We quoted Pope Pius XII as having said in his 1943 encyclical on the Mystical Body of Christ (Mystici Corporis) that “not every sin, however grave it may be, is such as of its own nature to sever a man from the Body of the Church, as does schism or heresy or apostasy. Men may lose charity and divine grace through sin, thus becoming incapable of supernatural merit, and yet not be deprived of all life if they hold fast to faith and Christian hope, and if, illumined from above, they are spurred on by the interior promptings of the Holy Spirit to salutary fear and are moved to prayer and penance for their sins” (n. 23).

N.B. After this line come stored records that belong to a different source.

-- ===== src/Server/ConfigTests.antt =====
-- Concrete cases of the theorems on configurations and on the whole server.
use cs_3_boost_echo_static_s.Server.Samples.{
  one_digit, echo_handler, static_handler, echo_route, static_route,
}
use cs_3_boost_echo_static_s.Response.{Buffer}
use cs_3_boost_echo_static_s.Response.Wire.{gather}
use cs_3_boost_echo_static_s.Server.EndToEnd.{server_end_to_end, server_connections}
use mathlib.Core.List.{Perm, Forall₂}
use cs_3_boost_echo_static_s.RequestParser.Uri.{uri_of}
use cs_3_boost_echo_static_s.Server.Accept.{
  ServerState, Reaches, starts, then_step, accept, finish, accept_fails,
}
use cs_3_boost_echo_static_s.Server.Connections.{Serves}
use cs_3_boost_echo_static_s.Base.{
  suc, true, split_at, length, ◌≢◌, none, false, ◌≡◌, ◌↔◌, refl, Option, some, List, [], ◌∷◌, ◌++◌,
  ◌⊎◌, Bytes, codes, equal,
}
use cs_3_boost_echo_static_s.Base.Dict.{Dict, lookup, index, assign}
use cs_3_boost_echo_static_s.Base.Int.{pos, negsuc}
use cs_3_boost_echo_static_s.Base.Numbers.{stoi}
use cs_3_boost_echo_static_s.Config.{NginxConfig, nil, cons, statement, null, block}
use cs_3_boost_echo_static_s.Config.Print.{config_to_string}
use cs_3_boost_echo_static_s.Config.Printable.{IsPrintable, none_left, and_then, plain, nested}
use cs_3_boost_echo_static_s.Config.Tokens.{bare}
use cs_3_boost_echo_static_s.RequestParser.Interface.{request_parser}
use cs_3_boost_echo_static_s.Server.Config.{
  get_port, get_port_of, endpoint_port, config_to_handlers, get_child_block,
}
use cs_3_boost_echo_static_s.Server.Config.Candidates.{
  first_number, candidates, get_port_of-candidates,
}
use cs_3_boost_echo_static_s.Server.Config.Flat.{
  words, pairs_of, get_child_block-words, tagged, handlers_in, build, config_to_handlers-build,
}
use cs_3_boost_echo_static_s.Server.Config.Leaks.{
  assign_all, handlers_config, server_config, accumulate, config_to_handlers-leaks,
}
use cs_3_boost_echo_static_s.Server.Config.Ports.{endpoint_port-missing}
use cs_3_boost_echo_static_s.Config.Interface.{serving, unfinished, nginx_config_parser}
use cs_3_boost_echo_static_s.Config.Parser.{returned}
use cs_3_boost_echo_static_s.Config.Reader.{read_file}
use cs_3_boost_echo_static_s.Config.Scanner.{lexemes, next_token, split_quoted}
use cs_3_boost_echo_static_s.Server.Main.Described.{maps_of, described, start-described}
use cs_3_boost_echo_static_s.Server.Main.{start}
use cs_3_boost_echo_static_s.Server.Routes.{Answers, Represents}
use cs_3_boost_echo_static_s.Server.Session.{Received, eof, Outcome, session, dangling}
use cs_3_boost_echo_static_s.Server.Session.Answers.{received}

config_to_handlers-leaks_example :
    (m n : Dict) × (rest : List Dict) × (config_to_handlers
        (handlers_config (echo_handler ∷ static_handler ∷ echo_handler ∷ []))
      ≡ some (accumulate (echo_handler ∷ []) [] ++ m ∷ n ∷ rest))
    × (lookup (codes "directory") n ≡ lookup (codes "directory") m)
unfolding equal
config_to_handlers-leaks_example =
    config_to_handlers-leaks (echo_handler ∷ []) static_handler echo_handler [] (codes "directory")
      refl refl

endpoint_port-missing_example :
    (get_port (handlers_config (echo_handler ∷ [])) ≡ negsuc 0)
    × (endpoint_port (get_port (handlers_config (echo_handler ∷ []))) ≡ 65535)
unfolding equal
endpoint_port-missing_example =
    endpoint_port-missing (handlers_config (echo_handler ∷ [])) (refl, tt)

echo_config-IsPrintable : IsPrintable (server_config (codes "80") (echo_handler ∷ []))
echo_config-IsPrintable = and_then (plain (bare refl refl, (bare refl refl, tt))) (
    and_then
      (nested (bare refl refl, (bare refl refl, tt)) (plain (bare refl refl, (bare refl refl, tt)))
        none_left)
      none_left)

abbrev echo_files : Bytes → Option Bytes
echo_files name = some (config_to_string (server_config (codes "80") (echo_handler ∷ [])) 0)

both_config-IsPrintable :
    IsPrintable (server_config (codes "80") (static_handler ∷ echo_handler ∷ []))
both_config-IsPrintable = and_then (plain (bare refl refl, (bare refl refl, tt))) (
    and_then
      (nested (bare refl refl, (bare refl refl, tt)) (plain (bare refl refl, (bare refl refl, tt)))
        (and_then (plain (bare refl refl, (bare refl refl, tt))) none_left))
      (and_then
        (nested (bare refl refl, (bare refl refl, tt))
          (plain (bare refl refl, (bare refl refl, tt))) none_left)
        none_left))

abbrev both_files : Bytes → Option Bytes
both_files name =
    some (config_to_string (server_config (codes "80") (static_handler ∷ echo_handler ∷ [])) 0)

both-Represents :
    Represents (accumulate (static_handler ∷ echo_handler ∷ []) []) (static_route ∷ echo_route ∷ [])
unfolding index lookup equal assign
both-Represents = (refl, (refl, refl), (refl, refl, tt))

server_end_to_end_example :
    (handlers : List Dict) × (start nginx_config_parser both_files
        (codes "server" ∷ codes "conf" ∷ [])
      ≡ serving (endpoint_port (pos 80), handlers))
    × (buffers : List Buffer) × (session one_digit both_files request_parser handlers
          (received (codes "GET /echo HT"))
        ≡ dangling buffers)
    × ((wire : Bytes)
        → Answers one_digit both_files
            (static_route ∷ echo_route ∷ [])
            (uri_of (codes "GET /echo HT"))
            (codes "GET /echo HT")
            wire
          ↔ (wire ≡ gather buffers))
unfolding stoi
server_end_to_end_example =
    server_end_to_end one_digit both_files (codes "server") (codes "conf") (codes "80") (pos 80)
      (static_handler ∷ echo_handler ∷ []) (static_route ∷ echo_route ∷ []) (codes "GET /echo HT")
      both_config-IsPrintable refl refl both-Represents

-- A file that `ToString` does not write.
abbrev written_text : Bytes
written_text =
    codes
      "# a server\nport 80; handler static{path /static;directory /srv;}handler echo{path /echo;}"

abbrev written_files : Bytes → Option Bytes
written_files name = some written_text

abbrev written_handlers : List Dict
written_handlers = accumulate (static_handler ∷ echo_handler ∷ []) []

written_text-read :
    read_file (lexemes (suc (length written_text)) written_text)
    ≡ returned true (server_config (codes "80") (static_handler ∷ echo_handler ∷ []))
unfolding read_file lexemes next_token split_at split_quoted
written_text-read = refl

written_maps :
    maps_of (server_config (codes "80") (static_handler ∷ echo_handler ∷ []))
    ≡ some written_handlers
unfolding equal assign
written_maps = refl

abbrev run_both : Received → Outcome
run_both = session one_digit written_files request_parser written_handlers

abbrev leaving_client : Received
leaving_client = record { bytes = codes "GET"; error = eof }

abbrev one_lost : ServerState run_both
one_lost = record {
  accepted = leaving_client ∷ received (codes "GET /echo HT") ∷ [];
  running = [];
  ended = run_both (received (codes "GET /echo HT")) ∷ [];
  stopped = true;
}

-- Two connections are accepted, the thread of the first one ends, and then `accept` fails.
one_lost-Reaches : Reaches run_both one_lost
one_lost-Reaches =
    then_step
      (then_step
        (then_step (then_step starts (accept [] [] [] (received (codes "GET /echo HT"))))
          (accept _ _ [] leaving_client))
        (finish [] _ (leaving_client ∷ []) [] (received (codes "GET /echo HT"))))
      (accept_fails _ _ _)

server_connections_example :
    (start nginx_config_parser written_files (codes "server" ∷ codes "conf" ∷ [])
      ≡ serving (endpoint_port (pos 80), written_handlers))
    × (finished : List Received) × (lost : List Received) × Perm
        (finished ++ lost)
        (leaving_client ∷ received (codes "GET /echo HT") ∷ [])
    × ((true ≡ true) ⊎ (lost ≡ []))
    × Forall₂
        (Serves one_digit written_files (static_route ∷ echo_route ∷ []))
        finished
        (run_both (received (codes "GET /echo HT")) ∷ [])
unfolding stoi equal
server_connections_example =
    server_connections one_digit written_files (codes "server") (codes "conf") written_text
      (server_config (codes "80") (static_handler ∷ echo_handler ∷ [])) written_handlers
      (static_route ∷ echo_route ∷ []) one_lost refl written_text-read written_maps both-Represents
      one_lost-Reaches

start-described_example :
    (start nginx_config_parser written_files (codes "server" ∷ codes "conf" ∷ [])
      ≡ described written_files (codes "server" ∷ codes "conf" ∷ []))
    × (start nginx_config_parser written_files (codes "server" ∷ codes "conf" ∷ []) ≢ unfinished)
start-described_example = start-described written_files (codes "server" ∷ codes "conf" ∷ [])

-- The name of a handler in a statement of its own, and a key without a value.
abbrev split_config : NginxConfig
split_config = cons (statement (codes "handler" ∷ []) null) (
    cons (statement (codes "echo" ∷ []) (block (cons (statement (codes "path" ∷ []) null) nil)))
      nil)

config_to_handlers-build_example :
    config_to_handlers split_config ≡ build (handlers_in false (tagged split_config)) []
config_to_handlers-build_example = config_to_handlers-build split_config

split_runs :
    config_to_handlers split_config
    ≡ some (((codes "handler", codes "echo") ∷ (codes "path", []) ∷ []) ∷ [])
unfolding equal assign
split_runs = config_to_handlers-build split_config

get_child_block-words_example :
    get_child_block split_config [] ≡ assign_all (pairs_of (words split_config)) []
get_child_block-words_example = get_child_block-words split_config []

-- A token behind `port` that is no number, and then one that is.
abbrev port_config : NginxConfig
port_config =
    cons (statement (codes "port" ∷ codes "x" ∷ []) null)
      (cons (statement (codes "listen" ∷ codes "port" ∷ codes "80" ∷ []) null) nil)

get_port_of-candidates_example :
    get_port_of (codes "port") port_config
    ≡ elim (first_number (candidates (codes "port") port_config)) [ some n ↦ n | none ↦ negsuc 0 ]
get_port_of-candidates_example = get_port_of-candidates (codes "port") port_config

port_runs : get_port_of (codes "port") port_config ≡ pos 80
unfolding equal stoi
port_runs = get_port_of-candidates (codes "port") port_config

As for the reported apparition at Akita, it has been investigated for many years, but as far as we know no bishop in Japan has yet declared it to be worthy of belief. Be that as it may, what our Lady allegedly said in Akita is certainly happening in the Church.

Back in 1972, Pope Paul VI said in a homily that the confusion in the wake of the Second Vatican Council had given him the feeling that Satan’s influence had permeated the Church. He said, “We believe that some preternatural power has come into the world to upset and stifle the fruits of the Ecumenical Council and to prevent the Church from breaking out into a hymn of joy for having regained a full awareness of itself. Precisely because of this, we would like to be able, now more than ever, to exercise the function assigned by God to St. Peter, namely, to confirm our brethren in the faith.”

It was also around that time that a Polish cardinal named Karol Wojtyla, who would become Pope John Paul II in 1978, made the following statement at a Eucharistic Congress in Philadelphia in 1976:

“We are now standing in the face of the greatest historical confrontation humanity has ever experienced. I do not think the wide circle of the American society, or the wide circle of the Christian community, realizes this fully. We are now facing the final confrontation between the Church and the anti-church, between the Gospel and the anti-gospel, between Christ and the antichrist. The confrontation lies within the plans of Divine Providence. It is therefore in God’s plan, and it must be a trial which the Church must take up, and face courageously.”